# An Amazing Ride... It’s Been a Pleasure



## Nathan (Sep 15, 2008)

A little over 9 years ago I was working for a large telco as a network engineer and I got the bug to start my own business. In college I had worked as a painter for a man at my church and he taught me well and I picked it up quickly. I decided I’d take this desire to start my own business and the skills I had learned as a painter and start my first company. The only problem was... how do I run a painting business? I had more questions than answers and being from a technical background I immediately started to look online for knowledge. It wasn’t long before I found a site called Painters Chatroom and it amazed me. I had never been apart of a forum before but I learned so much in such a short amount of time that I started to look around for other forums. I found landscaping forums and other trades and quickly noticed that 50% of the knowledge (sales, marketing, business, etc.. ) was all the same. That gave me the idea to start ContractorTalk.com and bring the trades together. One location where we could break down trade specific discussions while all sharing more general knowledge. 

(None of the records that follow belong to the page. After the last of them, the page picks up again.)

-- ===== src/Raft/Node.antt =====
-- `RaftNode` of src/raft/state.rs. A method returns its result or its error and the node as it then
-- is: what was assigned before an error stays. `term` stands for `current_term`.
use nutdb.Prelude.{
  ℕ, ◌+◌, ◌^◌, Bool, true, false, not, ◌&&◌, ◌||◌, Option, none, some, List, [], ◌∷◌, ltb, leb,
  ◌==◌, if◌then◌else◌, length, String,
}
use nutdb.Prelude.Io.{ErrorKind, Error, Result, ok, err}
use nutdb.Prelude.Io
use nutdb.Prelude.Exec.{Exec, pure, raise, ◌>>◌}
use nutdb.Prelude.Order.{bytes_order}
use nutdb.Wal
use nutdb.Wal.{Wal}
use nutdb.Raft.Rpc.{Entry, RequestVote, VoteResponse}
use nutdb.Raft.Persist.{encode}

pub data Role : Type 0 where
  follower candidate leader : Role

pub record RaftNode : Type 0 where
  pub id : ℕ
  pub wal : Wal
  pub current_term : ℕ
  pub voted_for : Option ℕ
  pub log : List Entry
  pub commit_index : ℕ
  pub last_applied : ℕ
  pub role : Role
  pub leader_id : Option ℕ
  pub election_timeout_ms : ℕ

unfoldable pub last_log_index : RaftNode → ℕ
last_log_index node = length node.log

unfoldable pub last_term : List Entry → ℕ
last_term [] = 0
last_term (e ∷ []) = e.term
last_term (e ∷ f ∷ es) = last_term (f ∷ es)

unfoldable pub last_log_term : RaftNode → ℕ
last_log_term node = last_term node.log

-- What `persist` writes to the log of the node, and then syncs.
unfoldable pub persisted : RaftNode → Result Wal
persisted node =
    Io.◌>>=◌
      (encode
        (record { current_term = node.current_term; voted_for = node.voted_for; log = node.log }))
      λ payload. Io.◌>>=◌ (Wal.append payload node.wal) λ wal. ok (Wal.sync wal)

unfoldable pub keep_wal : RaftNode → Result Wal → Result (Unit {0}) × RaftNode
keep_wal node (ok wal) = (ok tt, record node { wal = wal })
keep_wal node (err e) = (err e, node)

unfoldable pub persist : Exec RaftNode (Unit {0})
persist node = keep_wal node (persisted node)

unfoldable pub persist_if : Bool → Exec RaftNode (Unit {0})
persist_if true = persist
persist_if false = pure tt

unfoldable pub modify : (RaftNode → RaftNode) → Exec RaftNode (Unit {0})
modify f node = (ok tt, f node)

unfoldable pub raft_error : {A : Type 0} → ErrorKind → String → Exec RaftNode A
raft_error kind message = raise (record { kind = kind; message = message })

unfoldable pub start_election : Exec RaftNode RequestVote
start_election node =
    if ltb (node.current_term + 1) (2 ^ 64)
    then (let next = record node {
      current_term = node.current_term + 1;
      role = Role.candidate;
      leader_id = none;
      voted_for = some node.id;
    } in
        (do
          persist
          pure (record {
            term = next.current_term;
            candidate_id = next.id;
            last_log_index = last_log_index next;
            last_log_term = last_log_term next;
          }))
          next)
    else raft_error ErrorKind.invalid_data "raft: term exhausted" node

unfoldable pub become_leader : RaftNode → RaftNode
become_leader node = record node { role = Role.leader; leader_id = some node.id }

-- A node that learns of a newer term.
unfoldable pub adopt_term : ℕ → RaftNode → RaftNode
adopt_term term node = record node {
  current_term = term;
  voted_for = none;
  role = Role.follower;
  leader_id = none;
}

unfoldable pub observe_term : ℕ → Exec RaftNode (Unit {0})
unfolding adopt_term
observe_term term node =
    if ltb node.current_term term then persist (adopt_term term node) else (ok tt, node)

-- `(request.last_log_term, request.last_log_index) >= (self.last_log_term(), …)`
unfoldable pub up_to_date : ℕ → ℕ → ℕ → ℕ → Bool
up_to_date term index my_term my_index = ltb my_term term || (term == my_term) && leb my_index index

unfoldable pub voted_is : Option ℕ → ℕ → Bool
voted_is none node_id = false
voted_is (some vote) node_id = vote == node_id

unfoldable pub is_none : Option ℕ → Bool
is_none none = true
is_none (some vote) = false

unfoldable pub grants : RequestVote → RaftNode → Bool
unfolding up_to_date voted_is is_none last_log_index last_log_term
grants request node =
    (is_none node.voted_for || voted_is node.voted_for request.candidate_id)
    && up_to_date request.last_log_term request.last_log_index (last_log_term node)
        (last_log_index node)

unfoldable pub is_new_vote : RequestVote → RaftNode → Bool
is_new_vote request node = grants request node && not (voted_is node.voted_for request.candidate_id)

unfoldable pub cast_vote : RequestVote → RaftNode → RaftNode
cast_vote request node =
    if is_new_vote request node then record node { voted_for = some request.candidate_id } else node

-- The vote, once the node is in the term of the request; `changed` says if that is new.
unfoldable pub decide_vote : RequestVote → Bool → Exec RaftNode VoteResponse
decide_vote request changed node =
    (do
      persist_if (changed || is_new_vote request node)
      pure (record { term = (cast_vote request node).current_term; granted = grants request node }))
      (cast_vote request node)

unfoldable pub request_vote : RequestVote → Exec RaftNode VoteResponse
unfolding decide_vote adopt_term persist_if
request_vote request node =
    if ltb request.term node.current_term
    then (ok (record { term = node.current_term; granted = false }), node)
    else if ltb node.current_term request.term
    then decide_vote request true (adopt_term request.term node)
    else decide_vote request false node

As time went on it became clear that pros had a desire to have a trade specific forums in addition to ContractorTalk.com where they could discuss more technical aspects of their trade. That lead us to create DrywallTalk.com, ElectricianTalk.com, HVACSite.com, PaintTalk.com, PlumbingZone.com, PreservationTalk.com and RoofingTalk.com. I had no idea what this network of sites would grow into but it’s been an amazing and fun ride. 

As fun as it was, over the years the sites started to take up more and more of my time and exceed my technical abilities. I felt like I wasn’t doing a good enough job on my own and was a little tired of being on call day and night with server issues. In order to keep growing the sites into the resource I wanted them to be and not get burnt out in the process I realized I needed help. Because of this, in January of 2010 I merged my company with Escalate Media. We still operate independently as “The Building Network” but they have taken over all the back end work that I’m not good at. That has allowed me to just focus on administration which is something I’ve always enjoyed and the sites have continued to grow. 

I still love these sites and having had the opportunity to be apart of them has been a great honor for me. That being said, a little while ago I realized that I was ready to do something else. The world has changed a lot over the past 9 years and so has my life. With that in mind I started to hand over a lot of my administration tasks (password resets, username changes, email inquiries) a few months ago to another great admin at Escalate Media. The process has been going smoothly and I think I’m ready for the next step which is to step down as admin of The Building Network and it’s many sites. I’ll still be around but I’ve given up ownership in the sites and I’m going to step aside and let someone else take the reigns. 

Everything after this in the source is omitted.